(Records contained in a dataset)
* * * *
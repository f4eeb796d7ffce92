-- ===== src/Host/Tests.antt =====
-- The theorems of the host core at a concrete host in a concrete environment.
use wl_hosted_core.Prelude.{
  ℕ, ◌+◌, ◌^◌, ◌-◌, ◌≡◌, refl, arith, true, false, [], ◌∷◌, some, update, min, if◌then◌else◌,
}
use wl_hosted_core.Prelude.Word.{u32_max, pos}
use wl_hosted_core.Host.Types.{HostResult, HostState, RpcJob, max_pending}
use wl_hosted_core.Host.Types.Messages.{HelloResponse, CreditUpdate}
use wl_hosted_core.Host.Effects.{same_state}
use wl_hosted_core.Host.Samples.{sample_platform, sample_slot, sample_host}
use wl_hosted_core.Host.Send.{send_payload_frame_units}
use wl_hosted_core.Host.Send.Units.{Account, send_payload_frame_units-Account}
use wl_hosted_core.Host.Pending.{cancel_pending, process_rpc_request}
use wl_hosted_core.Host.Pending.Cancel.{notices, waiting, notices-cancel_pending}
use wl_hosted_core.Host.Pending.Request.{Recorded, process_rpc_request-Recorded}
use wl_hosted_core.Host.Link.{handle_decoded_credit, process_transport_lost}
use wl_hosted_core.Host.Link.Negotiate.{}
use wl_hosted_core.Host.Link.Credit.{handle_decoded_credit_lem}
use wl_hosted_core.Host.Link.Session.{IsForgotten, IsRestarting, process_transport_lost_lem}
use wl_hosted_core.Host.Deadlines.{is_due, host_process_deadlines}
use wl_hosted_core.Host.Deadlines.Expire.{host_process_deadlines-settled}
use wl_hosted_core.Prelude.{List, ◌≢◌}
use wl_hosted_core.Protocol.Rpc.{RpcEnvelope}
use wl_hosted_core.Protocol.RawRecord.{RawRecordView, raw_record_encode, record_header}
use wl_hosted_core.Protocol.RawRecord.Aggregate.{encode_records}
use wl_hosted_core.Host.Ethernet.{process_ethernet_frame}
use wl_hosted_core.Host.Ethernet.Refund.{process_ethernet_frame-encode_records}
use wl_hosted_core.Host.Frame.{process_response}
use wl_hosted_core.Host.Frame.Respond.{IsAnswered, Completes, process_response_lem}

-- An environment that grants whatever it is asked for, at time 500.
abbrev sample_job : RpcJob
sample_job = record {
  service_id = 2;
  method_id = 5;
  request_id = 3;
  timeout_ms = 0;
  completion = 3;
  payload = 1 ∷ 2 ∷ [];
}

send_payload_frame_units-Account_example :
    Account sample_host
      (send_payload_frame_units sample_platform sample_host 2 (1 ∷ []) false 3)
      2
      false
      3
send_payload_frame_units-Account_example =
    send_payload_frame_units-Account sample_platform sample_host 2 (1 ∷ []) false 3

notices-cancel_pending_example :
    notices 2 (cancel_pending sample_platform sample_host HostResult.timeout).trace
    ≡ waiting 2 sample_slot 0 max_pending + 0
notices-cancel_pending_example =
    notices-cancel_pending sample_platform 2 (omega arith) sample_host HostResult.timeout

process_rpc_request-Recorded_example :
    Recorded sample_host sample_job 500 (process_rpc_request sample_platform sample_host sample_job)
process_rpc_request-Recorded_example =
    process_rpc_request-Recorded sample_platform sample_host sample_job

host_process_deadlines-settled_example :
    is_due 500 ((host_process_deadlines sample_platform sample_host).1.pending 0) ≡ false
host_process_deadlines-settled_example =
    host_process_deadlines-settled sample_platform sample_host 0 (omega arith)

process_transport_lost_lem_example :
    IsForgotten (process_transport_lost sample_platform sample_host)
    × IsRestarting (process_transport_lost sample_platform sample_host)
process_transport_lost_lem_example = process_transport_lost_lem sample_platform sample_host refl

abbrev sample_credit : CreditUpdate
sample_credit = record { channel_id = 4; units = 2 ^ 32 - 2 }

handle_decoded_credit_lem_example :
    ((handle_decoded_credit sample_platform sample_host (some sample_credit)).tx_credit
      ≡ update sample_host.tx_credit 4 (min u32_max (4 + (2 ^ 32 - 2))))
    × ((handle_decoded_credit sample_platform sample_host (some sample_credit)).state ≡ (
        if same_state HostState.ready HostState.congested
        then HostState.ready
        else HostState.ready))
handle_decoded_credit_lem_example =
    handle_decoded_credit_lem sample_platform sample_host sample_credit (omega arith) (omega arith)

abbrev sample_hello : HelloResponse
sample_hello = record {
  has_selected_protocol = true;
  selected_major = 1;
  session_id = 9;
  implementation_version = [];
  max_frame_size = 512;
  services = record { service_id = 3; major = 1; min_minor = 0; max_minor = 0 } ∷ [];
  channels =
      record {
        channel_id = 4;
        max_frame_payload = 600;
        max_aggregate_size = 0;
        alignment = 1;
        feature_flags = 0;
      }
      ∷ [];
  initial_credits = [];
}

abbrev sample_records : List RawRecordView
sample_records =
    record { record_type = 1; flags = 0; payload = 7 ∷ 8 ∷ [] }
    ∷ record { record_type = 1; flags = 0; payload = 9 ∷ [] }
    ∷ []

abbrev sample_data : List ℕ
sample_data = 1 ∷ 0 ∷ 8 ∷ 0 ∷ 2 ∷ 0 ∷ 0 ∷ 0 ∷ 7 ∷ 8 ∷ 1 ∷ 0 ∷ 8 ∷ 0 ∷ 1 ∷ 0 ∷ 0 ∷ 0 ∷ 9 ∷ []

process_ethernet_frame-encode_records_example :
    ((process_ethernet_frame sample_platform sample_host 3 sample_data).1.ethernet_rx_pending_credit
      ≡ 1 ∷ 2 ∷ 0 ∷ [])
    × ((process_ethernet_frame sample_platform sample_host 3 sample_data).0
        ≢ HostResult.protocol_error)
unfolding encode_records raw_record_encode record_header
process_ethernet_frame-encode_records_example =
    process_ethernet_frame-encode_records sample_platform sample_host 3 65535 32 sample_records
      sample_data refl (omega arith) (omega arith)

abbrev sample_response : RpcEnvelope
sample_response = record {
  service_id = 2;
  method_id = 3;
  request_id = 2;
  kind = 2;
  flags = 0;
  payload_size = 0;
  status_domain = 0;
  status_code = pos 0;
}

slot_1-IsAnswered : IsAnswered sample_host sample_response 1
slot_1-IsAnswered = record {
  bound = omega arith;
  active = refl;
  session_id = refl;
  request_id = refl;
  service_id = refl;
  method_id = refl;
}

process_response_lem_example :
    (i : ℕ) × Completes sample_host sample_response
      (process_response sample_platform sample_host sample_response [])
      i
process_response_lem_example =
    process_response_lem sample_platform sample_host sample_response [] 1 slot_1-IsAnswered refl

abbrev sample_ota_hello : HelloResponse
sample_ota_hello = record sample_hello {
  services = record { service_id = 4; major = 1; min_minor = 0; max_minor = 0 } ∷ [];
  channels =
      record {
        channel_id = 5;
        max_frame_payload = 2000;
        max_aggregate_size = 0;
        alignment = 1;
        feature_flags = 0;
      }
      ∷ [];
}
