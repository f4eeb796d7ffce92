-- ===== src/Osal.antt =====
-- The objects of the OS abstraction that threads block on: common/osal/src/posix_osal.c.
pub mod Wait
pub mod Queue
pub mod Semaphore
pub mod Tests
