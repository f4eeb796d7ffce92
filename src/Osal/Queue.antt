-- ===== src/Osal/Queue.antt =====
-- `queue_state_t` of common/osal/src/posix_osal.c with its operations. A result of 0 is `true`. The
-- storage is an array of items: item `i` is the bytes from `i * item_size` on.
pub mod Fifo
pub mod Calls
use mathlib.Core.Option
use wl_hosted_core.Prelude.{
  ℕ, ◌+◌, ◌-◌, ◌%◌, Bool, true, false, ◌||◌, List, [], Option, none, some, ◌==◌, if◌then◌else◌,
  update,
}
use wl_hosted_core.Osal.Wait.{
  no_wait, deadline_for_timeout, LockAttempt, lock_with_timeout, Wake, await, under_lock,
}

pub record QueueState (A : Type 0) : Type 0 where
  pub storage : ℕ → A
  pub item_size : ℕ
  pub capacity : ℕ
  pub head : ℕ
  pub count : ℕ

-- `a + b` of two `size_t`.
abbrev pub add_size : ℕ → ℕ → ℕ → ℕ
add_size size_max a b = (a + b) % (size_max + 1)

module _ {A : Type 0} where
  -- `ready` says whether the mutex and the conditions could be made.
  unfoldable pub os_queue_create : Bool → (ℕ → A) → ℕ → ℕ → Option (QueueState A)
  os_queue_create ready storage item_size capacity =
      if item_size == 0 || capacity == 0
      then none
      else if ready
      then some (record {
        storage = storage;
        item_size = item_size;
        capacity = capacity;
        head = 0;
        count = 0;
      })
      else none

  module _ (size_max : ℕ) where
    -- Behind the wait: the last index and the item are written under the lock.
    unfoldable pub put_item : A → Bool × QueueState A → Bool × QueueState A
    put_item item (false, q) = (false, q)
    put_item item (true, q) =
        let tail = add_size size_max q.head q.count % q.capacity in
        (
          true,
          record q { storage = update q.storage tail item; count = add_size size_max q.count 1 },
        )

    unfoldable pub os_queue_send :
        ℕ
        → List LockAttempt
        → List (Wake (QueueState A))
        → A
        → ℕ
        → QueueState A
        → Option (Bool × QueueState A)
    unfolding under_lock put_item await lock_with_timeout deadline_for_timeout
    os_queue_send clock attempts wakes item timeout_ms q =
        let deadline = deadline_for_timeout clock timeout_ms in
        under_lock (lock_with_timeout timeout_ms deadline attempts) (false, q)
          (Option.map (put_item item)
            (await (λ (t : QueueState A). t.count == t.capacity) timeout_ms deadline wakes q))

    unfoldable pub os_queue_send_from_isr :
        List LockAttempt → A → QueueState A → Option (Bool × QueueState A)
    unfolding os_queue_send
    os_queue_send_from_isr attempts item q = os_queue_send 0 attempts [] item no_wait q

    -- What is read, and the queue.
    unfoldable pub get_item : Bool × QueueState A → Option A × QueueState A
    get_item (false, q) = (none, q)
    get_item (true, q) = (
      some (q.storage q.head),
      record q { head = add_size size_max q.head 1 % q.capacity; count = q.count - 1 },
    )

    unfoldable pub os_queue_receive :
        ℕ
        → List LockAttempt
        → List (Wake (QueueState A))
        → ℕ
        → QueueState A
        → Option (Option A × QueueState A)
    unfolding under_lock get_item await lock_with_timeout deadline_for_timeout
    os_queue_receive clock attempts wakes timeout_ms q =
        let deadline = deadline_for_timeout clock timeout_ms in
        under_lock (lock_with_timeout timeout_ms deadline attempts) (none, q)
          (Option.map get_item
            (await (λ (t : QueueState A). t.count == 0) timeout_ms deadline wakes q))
* * * *
## EXERCISE OBJECTIVE
Set down, exactly as they stand above, the lines starting with the line with "if same_state HostState.ready" and going on through the line with "sample_host 3 sample_data).0", and no others.

## TASK OUTPUT
        if same_state HostState.ready HostState.congested
        then HostState.ready
        else HostState.ready))
handle_decoded_credit_lem_example =
    handle_decoded_credit_lem sample_platform sample_host sample_credit (omega arith) (omega arith)

abbrev sample_hello : HelloResponse
sample_hello = record {
  has_selected_protocol = true;
  selected_major = 1;
  session_id = 9;
  implementation_version = [];
  max_frame_size = 512;
  services = record { service_id = 3; major = 1; min_minor = 0; max_minor = 0 } ∷ [];
  channels =
      record {
        channel_id = 4;
        max_frame_payload = 600;
        max_aggregate_size = 0;
        alignment = 1;
        feature_flags = 0;
      }
      ∷ [];
  initial_credits = [];
}

abbrev sample_records : List RawRecordView
sample_records =
    record { record_type = 1; flags = 0; payload = 7 ∷ 8 ∷ [] }
    ∷ record { record_type = 1; flags = 0; payload = 9 ∷ [] }
    ∷ []

abbrev sample_data : List ℕ
sample_data = 1 ∷ 0 ∷ 8 ∷ 0 ∷ 2 ∷ 0 ∷ 0 ∷ 0 ∷ 7 ∷ 8 ∷ 1 ∷ 0 ∷ 8 ∷ 0 ∷ 1 ∷ 0 ∷ 0 ∷ 0 ∷ 9 ∷ []

process_ethernet_frame-encode_records_example :
    ((process_ethernet_frame sample_platform sample_host 3 sample_data).1.ethernet_rx_pending_credit
      ≡ 1 ∷ 2 ∷ 0 ∷ [])
    × ((process_ethernet_frame sample_platform sample_host 3 sample_data).0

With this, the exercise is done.